# Blutspritzer mit Pixeln



## LoN_Nemesis (19. Dez 2006)

Hallo,

ich würde gerne etwas Blut spritzen lassen wenn die Protagonisten in meinem Spiel getroffen werden, um die Kämpfe etwas aufzuwerten. Dabei könnte ich entweder eine Animation z.b. als animiertes GIF einspielen oder das Blut quasi selbst direkt in Java malen. Die zweite Variante erscheint mir besser, da ich erstens nicht gut malen kann und zweitens kann ich dann Varianz realisieren, z.B. in Abhängigkeit des Schadens die Menge des Blutes erhöhen oder je nachdem welche Kreatur getroffen wurde die Blutfarbe ändern.

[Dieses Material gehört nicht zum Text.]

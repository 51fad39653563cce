-- ===== src/Notify/Sending.antt =====
-- What `send` logs and returns.
use Prim.Native.String
use nodus_hitl_hub.Base.{
  All, List, String, [], any, concat, false, is_text, map, none, refl, select, true, ℕ, ◌&&◌, ◌++◌,
  ◌==◌, ◌∷◌, ◌≡◌,
}
use nodus_hitl_hub.Host.{Host}
use nodus_hitl_hub.Models.Notify.{NotifyRequest, NotifyResult}
use nodus_hitl_hub.Notify.Attempts.{IsSplit, may_send}
use nodus_hitl_hub.Notify.Channels.{ChannelAdapter}
use nodus_hitl_hub.Notify.Defs.{Tally, hour_of, log_of, result_of, targets}
use nodus_hitl_hub.Notify.Store.{NotificationPreference, get_preferences, insert_log, row_to_pref}
use nodus_hitl_hub.World.{LogRow, World}
use nodus_hitl_hub.World.Exec.{Result, err, ok, unique_violation}

-- An adapter leaves the log alone.
abbrev pub KeepsLog : ChannelAdapter → Type 0
KeepsLog a = (r : NotifyRequest) (w : World) → (a.send r w).1.notification_log ≡ w.notification_log

abbrev pub AdaptersKeep : List ChannelAdapter → Type 0
AdaptersKeep adapters = All KeepsLog adapters

abbrev pub notification_id : Host → World → String
notification_id host w = concat ("notify_" ∷ String.slice (host.uuid_hex w.serial) 0 16 ∷ [])

-- The preferences as `get_preferences` reads them.
abbrev pub preferences_of : NotifyRequest → World → List NotificationPreference
preferences_of req w =
    map row_to_pref
      (select (λ r. r.user_id == req.user_id && is_text r.tenant_id req.tenant_id) w.preferences)

-- How a call of `send` ends.
pub data Sent (host : Host) (req : NotifyRequest) (w : World) (result : Result NotifyResult × World)
    : Type 0 where
  -- The random id is taken: the call raises after the deliveries, and nothing is logged.
  id_taken :
      any (λ r. r.notification_id == notification_id host w) w.notification_log ≡ true
      → result.0 ≡ err unique_violation
      → result.1.notification_log ≡ w.notification_log
      → Sent host req w result
  -- The result and one new row of the log name the same channels: the ones attempted are the
  -- targets that the guards let through, in order, and each succeeded or failed.
  recorded :
      (t : Tally) (time : ℕ)
      → t.attempted
        ≡ select
            (may_send (preferences_of req w) (hour_of w.now) req)
            (targets req (preferences_of req w))
      → IsSplit t.attempted t.succeeded t.failed
      → result.0 ≡ ok (result_of (notification_id host w) t)
      → result.1.notification_log
        ≡ w.notification_log
          ++ record (log_of (notification_id host w) req t) { created_at = time } ∷ []
      → Sent host req w result

-- The queries before the loop.
pub get_preferences-eq :
    (req : NotifyRequest) (w : World)
    → get_preferences req.user_id req.tenant_id w ≡ (ok (preferences_of req w), w)
unfolding get_preferences
get_preferences-eq req w = refl

pub insert_log-free :
    (row : LogRow) (w : World)
    → any (λ r. r.notification_id == row.notification_id) w.notification_log ≡ false
    → insert_log row w ≡ (
      ok tt,
      record w {
        notification_log =
            w.notification_log ++ record row { created_at = w.now; acked_at = none } ∷ [];
      },
    )
unfolding insert_log
insert_log-free row w free = rw free refl
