-- ===== src/Mcp/Tools.antt =====
-- mcp/tools.py and mcp/resources.py. The arguments of a tool have the types of its signature, which
-- the MCP server checks.
use mathlib.Core.Option
use nodus_hitl_hub.Base.{List, Option, String, [], if◌then◌else◌, map, true, ℕ, ◌==◌, ◌∷◌}
use nodus_hitl_hub.Base.Int.{ℤ}
use nodus_hitl_hub.Engine.Defs.{HitlEngine, check, get_inbox, request}
use nodus_hitl_hub.Engine.Wait.{wait}
use nodus_hitl_hub.Host.{Host}
use nodus_hitl_hub.Json.{Fields, Items, arr, bool, cons, end, field, nil, obj, or_empty, str}
use nodus_hitl_hub.Json.Print.{dumps}
use nodus_hitl_hub.Mcp.Dump.{dump_event, dump_response, dump_result}
use nodus_hitl_hub.Models.Hitl.{HitlRequest}
use nodus_hitl_hub.Models.Notify.{NotifyPriority, critical, info, normal, urgent}
use nodus_hitl_hub.Notify.Channels.{ChannelAdapter}
use nodus_hitl_hub.Notify.Defs.{ack, send_notification}
use nodus_hitl_hub.Notify.History.{history}
use nodus_hitl_hub.Notify.Sending.{notification_id}
use nodus_hitl_hub.World.{World}
use nodus_hitl_hub.World.Exec.{Exec, Result, err, lift, ok, pure, value_error, ◌>>=◌}

-- The factories of `register_tools`, and pydantic's text of a time. A `NotifyEngine` is its channels.
pub record Factories : Type 0 where
  pub hitl_engine_factory : Exec HitlEngine
  pub notify_engine_factory : Exec (List ChannelAdapter)
  pub json_time : ℕ → String

-- `NotifyPriority(text)`
unfoldable pub priority_of : String → Result NotifyPriority
priority_of text =
    if text == "info"
    then ok info
    else if text == "normal"
    then ok normal
    else if text == "urgent"
    then ok urgent
    else if text == "critical"
    then ok critical
    else err value_error

module _ (host : Host) (factories : Factories) where
  unfoldable pub hitl_request_confirmation :
      String → String → String → Option Fields → String → ℤ → Option Fields → Exec Fields
  unfolding dump_response
  hitl_request_confirmation action_type action_description user_id action_details tenant_id
        timeout_seconds metadata =
      do
        engine ← factories.hitl_engine_factory
        let req : HitlRequest = record {
          action_type = action_type;
          action_description = action_description;
          action_details = or_empty action_details;
          user_id = user_id;
          tenant_id = tenant_id;
          timeout_seconds = timeout_seconds;
          metadata = or_empty metadata;
        }
        result ← request host engine req
        pure (dump_response factories.json_time result)

  -- The sleep of the loop and its fuel are those of `wait`.
  unfoldable pub hitl_wait_for_confirmation :
      (World → World) → ℕ → String → ℤ → Exec (Option Fields)
  unfolding dump_response
  hitl_wait_for_confirmation sleep fuel confirmation_id max_wait_seconds = do
    engine ← factories.hitl_engine_factory
    result ← wait host sleep confirmation_id max_wait_seconds fuel
    pure (Option.map (dump_response factories.json_time) result)

  unfoldable pub hitl_check_status : String → Exec Fields
  unfolding dump_response
  hitl_check_status confirmation_id = do
    engine ← factories.hitl_engine_factory
    result ← check host confirmation_id
    pure (dump_response factories.json_time result)

  unfoldable pub notify_send :
      String
      → String
      → String
      → String
      → Option String
      → Option (List String)
      → String
      → Exec Fields
  unfolding dump_result priority_of
  notify_send user_id title body priority url channels tenant_id = do
    adapters ← factories.notify_engine_factory
    level ← lift (priority_of priority)
    result ← send_notification host adapters (record {
      user_id = user_id;
      title = title;
      body = body;
      priority = level;
      url = url;
      tenant_id = tenant_id;
      channels = channels;
      metadata = end;
    })
    pure (dump_result result)

  unfoldable pub notify_ack : String → Exec Fields
  notify_ack notification_id = do
    adapters ← factories.notify_engine_factory
    acked ← ack notification_id
    pure (field "notification_id" (str notification_id) (field "acked" (bool acked) end))

  unfoldable pub notify_history : String → ℤ → Exec (List Fields)
  notify_history user_id limit = do
    adapters ← factories.notify_engine_factory
    history user_id limit

  -- A list of dicts as a JSON list.
  abbrev pub dicts : List Fields → Items
  dicts [] = nil
  dicts (d ∷ ds) = cons (obj d) (dicts ds)

  -- The resource `hitl://inbox/{user_id}`
  unfoldable pub hitl_inbox : String → Exec String
  unfolding dump_event dumps
  hitl_inbox user_id = do
    engine ← factories.hitl_engine_factory
    events ← get_inbox host user_id
    pure (dumps true (arr (dicts (map (dump_event factories.json_time) events))))
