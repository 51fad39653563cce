-- ===== src/Mcp/Agreement.antt =====
-- The two ways to make a request, `POST /hitl/requests` and the tool `hitl_request_confirmation`.
use nodus_hitl_hub.Base.{
  Bool-cases, Option, String, ap, false, if◌then◌else◌, inl, inr, is_full, none, refl, some, ◌≡◌,
}
use nodus_hitl_hub.Base.Int.{is_zero, pos, ℤ}
use nodus_hitl_hub.Engine.Defs.{HitlEngine, request}
use nodus_hitl_hub.Host.{Host}
use nodus_hitl_hub.Json.{Fields, Value, end, field, int, null, obj, or_empty, or_value, str}
use nodus_hitl_hub.Mcp.Dump.{dump_response}
use nodus_hitl_hub.Mcp.Rest.{
  JsonResponse, Service, WebRequest, body_request, create_from, create_request, py_int,
  respond_json, unauthorized,
}
use nodus_hitl_hub.Mcp.Tools.{Factories, hitl_request_confirmation}
use nodus_hitl_hub.Models.Hitl.{HitlRequest}
use nodus_hitl_hub.World.{World}
use nodus_hitl_hub.World.Exec.{Exec, Result, Result-cases, err, ok, pure, ◌>>=◌}

-- A `dict | None` as a value.
abbrev opt_obj : Option Fields → Value
opt_obj none = null
opt_obj (some d) = obj d

-- The arguments of the tool.
pub record Arguments : Type 0 where
  pub action_type : String
  pub action_description : String
  pub user_id : String
  pub action_details : Option Fields
  pub tenant_id : String
  pub timeout_seconds : ℤ
  pub metadata : Option Fields

abbrev pub call : Host → Factories → Arguments → Exec Fields
call host factories args =
    hitl_request_confirmation host factories args.action_type args.action_description args.user_id
      args.action_details args.tenant_id args.timeout_seconds args.metadata

-- The arguments as the body of a `POST`.
abbrev pub body_of : Arguments → Value
body_of args = obj (
    field "action_type" (str args.action_type) (
      field "action_description" (str args.action_description) (
        field "user_id" (str args.user_id) (
          field "action_details" (opt_obj args.action_details) (
            field "tenant_id" (str args.tenant_id) (
              field "timeout_seconds" (int args.timeout_seconds)
                (field "metadata" (opt_obj args.metadata) end)))))))

-- The arguments with the defaults that the route puts in the place of an empty text and of 0.
abbrev pub with_defaults : Arguments → Arguments
with_defaults args = record args {
  tenant_id = if is_full args.tenant_id then args.tenant_id else "default";
  timeout_seconds = if is_zero args.timeout_seconds then pos 300 else args.timeout_seconds;
}

-- The request that the tool makes.
abbrev asked : Arguments → HitlRequest
asked args = record {
  action_type = args.action_type;
  action_description = args.action_description;
  action_details = or_empty args.action_details;
  user_id = args.user_id;
  tenant_id = args.tenant_id;
  timeout_seconds = args.timeout_seconds;
  metadata = or_empty args.metadata;
}

-- The JSON of a response, and of what the tool returns.
abbrev pub content_of : Result JsonResponse → Result Value
content_of (ok response) = ok response.content
content_of (err x) = err x

abbrev pub tool_content : Result Fields → Result Value
tool_content (ok d) = ok (obj d)
tool_content (err x) = err x

opt_obj-or_empty :
    (host : Host) (d : Option Fields)
    → host.dict_field (or_value (opt_obj d) (obj end)) ≡ ok (or_empty d)
opt_obj-or_empty host none = host.dict_field-obj end
opt_obj-or_empty host (some end) = host.dict_field-obj end
opt_obj-or_empty host (some (field k v d)) = host.dict_field-obj (field k v d)

int_or_default :
    (host : Host) (z : ℤ)
    → py_int host (or_value (int z) (int (pos 300))) ≡ ok (if is_zero z then pos 300 else z)
unfolding py_int
int_or_default host z = elim (Bool-cases (is_zero z)) [
  | inl none_given ↦ rw none_given refl
  | inr other ↦ rw other refl
]

str_or_default :
    (host : Host) (s : String)
    → host.py_str (or_value (str s) (str "default")) ≡ (if is_full s then s else "default")
str_or_default host s = elim (Bool-cases (is_full s)) [
  | inl full ↦ rw full (host.py_str-str s)
  | inr empty ↦ rw empty (host.py_str-str "default")
]

body_request-body_of :
    (host : Host) (args : Arguments) (w : World)
    → body_request host (body_of args) w ≡ (ok (asked (with_defaults args)), w)
unfolding body_request
body_request-body_of host args w =
    rw
      (
        int_or_default host args.timeout_seconds,
        opt_obj-or_empty host args.action_details,
        opt_obj-or_empty host args.metadata,
        str_or_default host args.tenant_id,
        host.py_str-str args.action_type,
        host.py_str-str args.action_description,
        host.py_str-str args.user_id,
      )
      refl

-- What a caller sees of the route and of the tool, and what they leave.
abbrev pub seen_of : Result JsonResponse × World → Result Value × World
seen_of (answer, w) = (content_of answer, w)

abbrev pub tool_seen : Result Fields × World → Result Value × World
tool_seen (answer, w) = (tool_content answer, w)

create_from-seen :
    (host : Host) (service : Service) (engine : HitlEngine) (args : Arguments) (w : World)
    → seen_of (create_from host service engine (body_of args) w)
      ≡ tool_seen (
          (do
            result ← request host engine (asked (with_defaults args))
            pure (dump_response service.json_time result))
            w)
unfolding create_from respond_json dump_response
create_from-seen host service engine args w =
    let parsed = body_request-body_of host args w in
    let read = ap (λ (x : Result HitlRequest × World). x.0) parsed in
    let kept = ap (λ (x : Result HitlRequest × World). x.1) parsed in
    elim (Result-cases (request host engine (asked (with_defaults args)) w).0) [
      | inl (x, s) ↦ rw (create_from, read, kept, s) refl
      | inr (answer, s) ↦ rw (create_from, read, kept, s) refl
    ]

-- With the engine and the text of times that the tool has, a request that is let in and has the
-- arguments of the tool as its body gets what the tool returns for them, or raises what it raises,
-- and leaves what it leaves, with "default" in the place of an empty tenant and 300 in that of 0.
pub create_request-hitl_request_confirmation :
    (host : Host) (service : Service) (factories : Factories)
    → factories.hitl_engine_factory ≡ service.get_engine
    → factories.json_time ≡ service.json_time
    → (args : Arguments) (req : WebRequest) (w : World) → unauthorized service req ≡ false
    → req.body ≡ some (body_of args)
    → seen_of (create_request host service req w)
      ≡ tool_seen (call host factories (with_defaults args) w)
unfolding create_request hitl_request_confirmation
create_request-hitl_request_confirmation host service factories engines times args req w let_in
      read =
    elim (Result-cases (service.get_engine w).0) [
      | inl (x, s) ↦ rw (let_in, engines, s) refl
      | inr (engine, s) ↦
          rw (let_in, engines, s, read, times)
            (create_from-seen host service engine args (service.get_engine w).1)
    ]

Nach einigen kümmerlichen Versuchen, die allesamt absolut nicht wie Blut aussahen, wollte ich wissen ob jemand von euch eine Idee dazu hat? Vielleicht irgendeinen Tipp für eine mathematische Funktion mit der spritzendes Blut mit Pixeln simulieren kann.

P.S.: Das Ganze sollte sich maximal in einem Areal von 40x40 Pixeln abspielen.


----------



## Revenant (20. Dez 2006)

puh also das is echt ne schwierige Sache.. klar zeichnen ohne animierte .gifs wäre flexibler und wohl auch schneller... hm..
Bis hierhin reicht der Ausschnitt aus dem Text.